Par ailleurs, les équipes bénéficient d'une excellente dotation matérielle par le biais de nombreux sponsors et contrats divers sans oublier les différentes primes (au niveau national comme de la FIFA). En plus, aucun pays africain qualifié pour France 98 n'a lésiné sur les moyens financiers à dégager pour préparer sa sélection.

L'ensemble des sélections a bénéficié d'une préparation de haut niveau avec des stages et des tournois même en dehors du continent et cela en respectant un environnement favorable à la concentration (infrastructures et hébergement notamment). Bref, on observe, dans l'ensemble des sélections, un environnement matériel et technique comparable à celui de leurs homologues européens et américains.

Sur le plan du jeu technique, tactique et stratégique, la plupart des joueurs africains n'ignorent plus rien des exigences du football moderne, eux qui évoluent, pour l'essentiel, dans des championnats très relevés. Le seul point d'ombre reste la question de l'efficacité offensive que seuls les Nigérians semblent à même de résoudre partiellement.

À côté de ces indéniables atouts, il faut souligner, cependant, des insuffisances de taille qui constituent le noeud gordien du football africain, même au niveau de l'élite.


La défense nigériane en difficulté face aux attaquants bulgares.

Ainsi, l'instabilité des sélections nationales et de leur encadrement constitue une tare à guérir définitivement. Mieux, l'incapacité de confier l'encadrement et le management des équipes à des valeurs nationales, et cela plus de quarante ans après les "indépendances", témoigne du "sous-développement" de ce football africain qui est à l'image de nos États. Ce fait met à nu l'inorganisation et le manque derigueur dans la conduite et la direction du football en Afrique malgré les efforts importants déployés par la CAR

Les sélections africaines ne disposent pas ou ne semblent pas vouloir acquérir un encadrement national digne de ce nom; de plus, et c'est là le comble, ce n'est qu'à quelques semaines du mondial que les responsables font des pieds et des mains pour leur trouver, dans la précipitation et de façon hasardeuse et subjective, des encadreurs miraculeux et autres sorciers.
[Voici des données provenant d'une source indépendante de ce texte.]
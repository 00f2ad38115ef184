-- ===== src/Cors.antt =====
-- internal/plugin/builtin/cors.go: the CORS plugin. The values of the configuration map come as
-- options, none where the key is missing or has another type; `strings.Join` and the printing of a
-- number are parameters, and so is how a request of type `Q` gives its method and its `Origin`.
pub mod Origins
mod Examples
use go_gateway.Prelude.{
  ℤ, Bool, true, false, List, [], ◌∷◌, String, Option, none, some, lookup, insert, if◌then◌else◌,
  ◌==◌, ◌&&◌, ◌||◌, not,
}
use go_gateway.Router.{Set}
use go_gateway.Validator.{has}
use go_gateway.Plugin.{World, Response, Outcome, passed, abort_error, set_header, write_header}

pub record CorsConfig : Type 0 where
  pub allowed_origins : Option (List String)
  pub allowed_methods : Option (List String)
  pub allowed_headers : Option (List String)
  pub allow_credentials : Option Bool
  pub max_age : Option ℤ

pub record CorsPlugin : Type 0 where
  pub allowed_origins : Set
  pub allowed_methods : String
  pub allowed_headers : String
  pub allow_credentials : Bool
  pub max_age : String

abbrev or_given {ℓ κ} : {A : Type ℓ} {B : Type κ} → B → (A → B) → Option A → B
or_given b f none = b
or_given b f (some a) = f a

unfoldable pub origin_set : List String → Set → Set
origin_set [] set = set
origin_set (o ∷ os) set = origin_set os (insert o tt set)

-- The plugin that the configuration asks for, before the check.
unfoldable pub cors_of : (List String → String) → (ℤ → String) → CorsConfig → CorsPlugin
unfolding origin_set
cors_of join print cfg = record {
  allowed_origins = or_given [] (λ os. origin_set os []) cfg.allowed_origins;
  allowed_methods = or_given "GET, POST, PUT, DELETE, OPTIONS" join cfg.allowed_methods;
  allowed_headers = or_given "Content-Type, Authorization" join cfg.allowed_headers;
  allow_credentials = or_given false (λ b. b) cfg.allow_credentials;
  max_age = or_given "86400" print cfg.max_age;
}

-- `NewCORSPlugin`
unfoldable pub new_cors : (List String → String) → (ℤ → String) → CorsConfig → Option CorsPlugin
unfolding cors_of
new_cors join print cfg =
    let p = cors_of join print cfg in
    if p.allow_credentials && has "*" p.allowed_origins then none else some p

abbrev pub credentials_header : CorsPlugin → Response → Response
credentials_header p r =
    if p.allow_credentials then set_header "Access-Control-Allow-Credentials" "true" r else r

-- The answer to a preflight request.
unfoldable pub preflight : CorsPlugin → String → Response → Response
unfolding set_header write_header
preflight p origin r = write_header 204 (
    credentials_header p (
      set_header "Vary" "Origin" (
        set_header "Access-Control-Max-Age" p.max_age (
          set_header "Access-Control-Allow-Headers" p.allowed_headers (
            set_header "Access-Control-Allow-Methods" p.allowed_methods
              (set_header "Access-Control-Allow-Origin" origin r))))))

module _ {Q : Type 0} (method_of origin_of : Q → String) where
  -- `ExecuteRequest`
  unfoldable pub cors_request : CorsPlugin → World Q → Outcome × World Q
  unfolding preflight
  cors_request p w =
      let origin = origin_of w.request in
      if origin == ""
      then (passed, w)
      else if not (has origin p.allowed_origins) && not (has "*" p.allowed_origins)
      then (abort_error 403 "origin not allowed", w)
      else if method_of w.request == "OPTIONS"
      then (abort_error 204 "preflight", record w { response = preflight p origin w.response })
      else (passed, w)

  -- `ExecuteResponse`
  unfoldable pub cors_response : CorsPlugin → World Q → Outcome × World Q
  unfolding set_header
  cors_response p w =
      let origin = origin_of w.request in
      if origin == "" then (passed, w) else (
        passed,
        record w {
          response = credentials_header p (
              set_header "Vary" "Origin"
                (set_header "Access-Control-Allow-Origin" origin w.response));
        },
      )
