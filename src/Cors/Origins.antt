-- ===== src/Cors/Origins.antt =====
-- Which cross-origin requests the CORS plugin lets through.
use go_gateway.Prelude.{
  ℤ, ◌≡◌, ◌≢◌, sym, ◌∙◌, ap, true, false, List, String, none, some, arith, eq_iff, Bool-cases, inl,
  inr, some_inj, if◌then◌else◌, ◌&&◌,
}
use go_gateway.Validator.{has}
use go_gateway.Plugin.{World, abort_error}
use go_gateway.Cors.{CorsConfig, CorsPlugin, cors_of, new_cors, cors_request}

checked_plugin :
    (q p : CorsPlugin)
    → (if q.allow_credentials && has "*" q.allowed_origins then none else some q) ≡ some p
    → p.allow_credentials ≡ true
    → has "*" p.allowed_origins ≡ false
checked_plugin q p e c = elim (Bool-cases (q.allow_credentials && has "*" q.allowed_origins)) [
  | inl both ↦ absurd (ground (arith, rw both at e))
  | inr not_both ↦
      (let same = some_inj (rw not_both at e) in
        ground (
          arith,
          c,
          sym (ap (λ x. x.allow_credentials && has "*" x.allowed_origins) same) ∙ not_both,
        ))
]

new_cors-no_wildcard :
    (join : List String → String) (print : ℤ → String) (cfg : CorsConfig) (p : CorsPlugin)
    → new_cors join print cfg ≡ some p
    → p.allow_credentials ≡ true
    → has "*" p.allowed_origins ≡ false
unfolding new_cors
new_cors-no_wildcard join print cfg p e c = checked_plugin (cors_of join print cfg) p e c

request-listed :
    {Q : Type 0} (method_of origin_of : Q → String) (p : CorsPlugin) (w : World Q)
    → has "*" p.allowed_origins ≡ false
    → origin_of w.request ≢ ""
    → has (origin_of w.request) p.allowed_origins ≡ false
    → cors_request method_of origin_of p w ≡ (abort_error 403 "origin not allowed", w)
unfolding cors_request
request-listed method_of origin_of p w wild ne out =
    ground (arith, wild, ne, out, eq_iff (origin_of w.request) "")

-- A plugin that allows credentials lets a cross-origin request through to the upstream, or answers its
-- preflight, only if its origin is listed by name: every other origin is refused with status 403, and
-- the response is not touched. No configuration makes a plugin that allows credentials to the
-- wildcard origin.
pub credentials_only_to_listed :
    (join : List String → String) (print : ℤ → String) (cfg : CorsConfig) (p : CorsPlugin)
    {Q : Type 0} (method_of origin_of : Q → String) (w : World Q)
    → new_cors join print cfg ≡ some p
    → p.allow_credentials ≡ true
    → origin_of w.request ≢ ""
    → has (origin_of w.request) p.allowed_origins ≡ false
    → (has "*" p.allowed_origins ≡ false)
      × (cors_request method_of origin_of p w ≡ (abort_error 403 "origin not allowed", w))
credentials_only_to_listed join print cfg p method_of origin_of w e c ne out =
    let wild = new_cors-no_wildcard join print cfg p e c in
    (wild, request-listed method_of origin_of p w wild ne out)
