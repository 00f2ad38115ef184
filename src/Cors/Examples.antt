-- ===== src/Cors/Examples.antt =====
-- The CORS plugin at a configuration with credentials and one origin.
use go_gateway.Prelude.{ℤ, ◌≡◌, refl, true, false, List, [], ◌∷◌, String, none, some, arith, eq_iff}
use go_gateway.Validator.{has}
use go_gateway.Plugin.{World, abort_error}
use go_gateway.Cors.{CorsConfig, CorsPlugin, new_cors, cors_of, origin_set, cors_request}
use go_gateway.Cors.Origins.{credentials_only_to_listed}

abbrev strict_config : CorsConfig
strict_config = record {
  allowed_origins = some ("https://a.example" ∷ []);
  allowed_methods = none;
  allowed_headers = none;
  allow_credentials = some true;
  max_age = none;
}

abbrev strict_plugin : CorsPlugin
strict_plugin = record {
  allowed_origins = ("https://a.example", tt) ∷ [];
  allowed_methods = "GET, POST, PUT, DELETE, OPTIONS";
  allowed_headers = "Content-Type, Authorization";
  allow_credentials = true;
  max_age = "86400";
}

abbrev no_join : List String → String
no_join ms = ""

abbrev no_print : ℤ → String
no_print n = ""

-- A request is its origin; its method is GET.
abbrev from_elsewhere : World String
from_elsewhere = record {
  response = record { headers = []; status = none; sent = []; body = [] };
  request = "https://b.example";
}

abbrev always_get : String → String
always_get r = "GET"

abbrev its_origin : String → String
its_origin r = r

strict_built : new_cors no_join no_print strict_config ≡ some strict_plugin
unfolding new_cors cors_of origin_set
strict_built = refl

credentials_only_to_listed_example :
    (has "*" strict_plugin.allowed_origins ≡ false)
    × (cors_request always_get its_origin strict_plugin from_elsewhere
        ≡ (abort_error 403 "origin not allowed", from_elsewhere))
credentials_only_to_listed_example =
    credentials_only_to_listed no_join no_print strict_config strict_plugin always_get its_origin
      from_elsewhere strict_built refl (ground (arith, eq_iff "https://b.example" "")) refl
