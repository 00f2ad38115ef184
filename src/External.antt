-- ===== src/External.antt =====
-- internal/plugin/external and sdk/plugin/v1/contract.go: the plugins that run in a sidecar process
-- and speak HTTP with the gateway. The encoding and decoding of JSON, the check of a URL and the text
-- of an error are parameters, and so is what the sidecar answers. Logging and metrics are left out.
-- The clock is an argument.
pub mod Client
pub mod Execute
pub mod Load
mod Outage
mod Recovery
mod Policy
mod Startup
mod Examples
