-- ===== src/External/Client.antt =====
-- internal/plugin/external/client.go and the health check of healthchecker.go.
use Prim.Native.String.{len, slice}
use text.Mathlib.Text.{starts_with}
use go_gateway.Prelude.{
  ℕ, suc, ◌+◌, ◌/◌, ℤ, pos, negsuc, sub_ℕ, Bool, List, [], ◌∷◌, String, Option, none, some, Map,
  if◌then◌else◌,
}
use go_gateway.CircuitBreaker.{CircuitBreaker, to_string}

-- The values of the sidecar's contract. `J` is the type of a JSON value.
pub record Manifest : Type 0 where
  pub name : String
  pub version : String
  pub sdk_major_version : ℤ

pub record RequestPayload (J : Type 0) : Type 0 where
  pub route_id : String
  pub method : String
  pub path : String
  pub query : String
  pub headers : Map String
  pub remote_addr : String
  pub user_id : String
  pub config : J

-- A negative status code is left out.
pub record PluginResponse : Type 0 where
  pub action : String
  pub status_code : ℕ
  pub message : String
  pub add_headers : Map String

-- The incoming request, as far as the plugin reads it, with the route and the user of its gateway
-- context, if it has one. Header names are canonical.
pub record Request : Type 0 where
  pub method : String
  pub path : String
  pub raw_query : String
  pub headers : Map (List String)
  pub remote_addr : String
  pub gateway_context : Option (String × String)

-- An outgoing request, and what `(*http.Client).Do` makes of it.
pub record Sent : Type 0 where
  pub method : String
  pub url : String
  pub body : String

pub data Answer (B : Type 0) : Type 0 where
  call_error : Answer B
  http_answer : (status_code : ℕ) (body : B) → Answer B

-- `encoding/json`, `http.NewRequest` and `http.CanonicalHeaderKey`, and the error text.
pub record Codec (J B : Type 0) : Type 0 where
  pub marshal : RequestPayload J → Option String
  pub decode_response : B → Option PluginResponse
  pub decode_manifest : B → Option Manifest
  pub request_ok : String → Bool
  pub canonical : String → String
  pub unavailable : String → String  -- "plugin %q unavailable"

-- The client: the path of the Unix socket that it dials, where the address names one.
pub record Client : Type 0 where
  pub socket_path : Option String
  pub timeout : ℤ

pub record ExternalPlugin (J : Type 0) : Type 0 where
  pub manifest : Manifest
  pub addr : String
  pub cfg : J
  pub timeout : ℤ
  pub on_error : String
  pub client : Client
  pub cb : CircuitBreaker

-- `Milliseconds` of a duration, which cuts towards 0: a negative duration is left out, since `Load`
-- makes none.
abbrev milliseconds : ℤ → ℕ
milliseconds (pos n) = n / 1000000
milliseconds (negsuc n) = 0

pub record PluginInfo : Type 0 where
  pub name : String
  pub version : String
  pub sdk_major : ℤ
  pub address : String
  pub on_error : String
  pub timeout_ms : ℕ
  pub circuit_state : String

unfoldable pub info : {J : Type 0} → ExternalPlugin J → PluginInfo
info p = record {
  name = p.manifest.name;
  version = p.manifest.version;
  sdk_major = p.manifest.sdk_major_version;
  address = p.addr;
  on_error = p.on_error;
  timeout_ms = milliseconds p.timeout;
  circuit_state = to_string p.cb.state;
}

abbrev add_5_ms : ℤ → ℤ
add_5_ms (pos n) = pos (n + 5000000)
add_5_ms (negsuc n) = sub_ℕ 5000000 (suc n)

-- `buildClient`: `slice` to the end of the text is `TrimPrefix`.
unfoldable pub build_client : String → ℤ → Client
build_client addr timeout = record {
  socket_path = if starts_with addr "unix://" then some (slice addr 7 (len addr)) else none;
  timeout = add_5_ms timeout;
}

-- The first value of each header that has one.
unfoldable pub first_values : Map (List String) → Map String
first_values [] = []
first_values ((k, []) ∷ h) = first_values h
first_values ((k, v ∷ vs) ∷ h) = (k, v) ∷ first_values h

abbrev route_and_user : Option (String × String) → String × String
route_and_user none = ("", "")
route_and_user (some c) = c

unfoldable pub build_payload : {J : Type 0} → ExternalPlugin J → Request → RequestPayload J
unfolding first_values
build_payload p r = record {
  route_id = (route_and_user r.gateway_context).0;
  method = r.method;
  path = r.path;
  query = r.raw_query;
  headers = first_values r.headers;
  remote_addr = r.remote_addr;
  user_id = (route_and_user r.gateway_context).1;
  config = p.cfg;
}
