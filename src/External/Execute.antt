-- ===== src/External/Execute.antt =====
-- internal/plugin/external/client.go, `execute`, and the ticks of internal/plugin/external/healthchecker.go.
use Prim.Native.String.{◌++◌}
use go_gateway.Prelude.{
  ℕ, eqb, Bool, false, List, [], ◌∷◌, String, Option, none, some, Map, insert, if◌then◌else◌, ◌==◌,
  ◌||◌,
}
use go_gateway.CircuitBreaker.{allow, record_success, record_failure}
use go_gateway.Plugin.{Outcome, passed, abort_error}
use go_gateway.External.Client.{
  Request, PluginResponse, Sent, Answer, call_error, http_answer, Codec, Client, ExternalPlugin,
  build_payload,
}

-- What a call of the plugin returns and leaves: the plugin, the request, and what was sent to the
-- sidecar.
pub record Done (J : Type 0) : Type 0 where
  pub outcome : Outcome
  pub plugin : ExternalPlugin J
  pub request : Request
  pub sent : List Sent

-- `r.Header.Set(k, v)` for each header of the plugin.
unfoldable pub inject : (String → String) → Map String → Request → Request
inject canonical [] r = r
inject canonical ((k, v) ∷ h) r =
    inject canonical h (record r { headers = insert (canonical k) (v ∷ []) r.headers })

-- The decision of the plugin.
unfoldable pub decision : PluginResponse → Outcome
decision a =
    if a.action == "abort"
    then abort_error (if eqb a.status_code 0 then 403 else a.status_code) a.message
    else passed

module _ {J B : Type 0} (codec : Codec J B) where
  unfoldable pub apply_on_error : ExternalPlugin J → Outcome
  apply_on_error p =
      if p.on_error == "pass"
      then passed
      else if p.on_error == "reject" || p.on_error == "circuit-break"
      then abort_error 502 (codec.unavailable p.manifest.name)
      else passed

  -- `return p.applyOnError(err)`
  abbrev pub give_up : ExternalPlugin J → Request → List Sent → Done J
  give_up p r sent = record { outcome = apply_on_error p; plugin = p; request = r; sent = sent }

  unfoldable pub after_decode :
      Option PluginResponse → ExternalPlugin J → Request → List Sent → Done J
  unfolding decision inject
  after_decode none p r sent = give_up p r sent
  after_decode (some a) p r sent = record {
    outcome = decision a;
    plugin = p;
    request = inject codec.canonical a.add_headers r;
    sent = sent;
  }

  -- What follows the call, which ended at the time `now`.
  unfoldable pub after_call : ℕ → Answer B → ExternalPlugin J → Request → List Sent → Done J
  after_call now call_error p r sent = give_up (record p { cb = record_failure now p.cb }) r sent
  after_call now (http_answer status body) p r sent =
      if eqb status 200
      then after_decode (codec.decode_response body) (record p { cb = record_success p.cb }) r sent
      else give_up (record p { cb = record_failure now p.cb }) r sent

  -- `client.Do` of the request with this body, if the URL makes one: the answer is the one after the
  -- redirects that the client follows.
  unfoldable pub send :
      ℕ → (Client → Sent → Answer B) → String → ExternalPlugin J → Request → String → Done J
  unfolding after_call
  send now reply path p r body =
      let call : Sent = record { method = "POST"; url = p.addr ++ path; body = body } in
      if codec.request_ok (p.addr ++ path)
      then after_call now (reply p.client call) p r (call ∷ [])
      else give_up p r []

  -- What follows a call of `Allow` that returned true.
  unfoldable pub after_allow :
      ℕ → (Client → Sent → Answer B) → String → ExternalPlugin J → Request → Done J
  unfolding send build_payload
  after_allow now reply path p r = elim (codec.marshal (build_payload p r)) [
    | none ↦ give_up p r []
    | some body ↦ send now reply path p r body
  ]

  -- `execute`: `asked` and `answered` are the times of the two calls of the circuit breaker.
  unfoldable pub execute :
      ℕ → ℕ → (Client → Sent → Answer B) → String → ExternalPlugin J → Request → Done J
  execute asked answered reply path p r =
      let (may_call, cb) = allow asked p.cb in
      let p' = record p { cb = cb } in
      if may_call then after_allow answered reply path p' r else give_up p' r []

  unfoldable pub execute_request :
      ℕ → ℕ → (Client → Sent → Answer B) → ExternalPlugin J → Request → Done J
  unfolding execute
  execute_request asked answered reply p r = execute asked answered reply "/execute/request" p r

  unfoldable pub execute_response :
      ℕ → ℕ → (Client → Sent → Answer B) → ExternalPlugin J → Request → Done J
  unfolding execute
  execute_response asked answered reply p r = execute asked answered reply "/execute/response" p r

abbrev pub is_ok : {B : Type 0} → Answer B → Bool
is_ok call_error = false
is_ok (http_answer status body) = eqb status 200

-- `checkHealth`: it returns nil.
unfoldable pub check_health :
    {J B : Type 0} → Codec J B → (Client → Sent → Answer B) → Client → String → String → Bool
check_health codec reply client addr path =
    if codec.request_ok (addr ++ path)
    then is_ok (reply client (record { method = "GET"; url = addr ++ path; body = "" }))
    else false

-- One tick of the loop of `runFor`.
unfoldable pub health_tick :
    {J B : Type 0}
    → Codec J B
    → ℕ
    → (Client → Sent → Answer B)
    → ExternalPlugin J
    → ExternalPlugin J
unfolding check_health
health_tick codec now reply p =
    if check_health codec reply p.client p.addr "/healthz"
    then record p { cb = record_success p.cb }
    else record p { cb = record_failure now p.cb }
En dehors des sélections marocaine et tunisienne, les autres sélections africaines, pour France 98, n'ont pu disposer définitivement d'un encadrement et d'un staff technique qu'au mois de mars 1998. Une telle situation ne favorise pas la sérénité et un état d'esprit propice à une bonne préparation pour une compétition aussi importante que la Coupe du monde.